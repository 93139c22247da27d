-- ===== src/Queue.antt =====
-- hermes_agent_a2a/task_queue.py: the queue of inbound tasks, and its state machine.
pub mod State
pub mod Evict
pub mod Ops
pub mod Reads
pub mod Waiters
pub mod Branches
pub mod WellFormed
pub mod Steps
pub mod Delivery
pub mod Machine
pub mod Status
pub mod Arrival
pub mod Drain
pub mod Oldest
pub mod Watchdog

EXERCISE BRIEF
From the line holding "pub mod Branches" to the end of the listing, copy every line exactly, both ends included, and add nothing.

RESPONSE
pub mod Branches
pub mod WellFormed
pub mod Steps
pub mod Delivery
pub mod Machine
pub mod Status
pub mod Arrival
pub mod Drain
pub mod Oldest
pub mod Watchdog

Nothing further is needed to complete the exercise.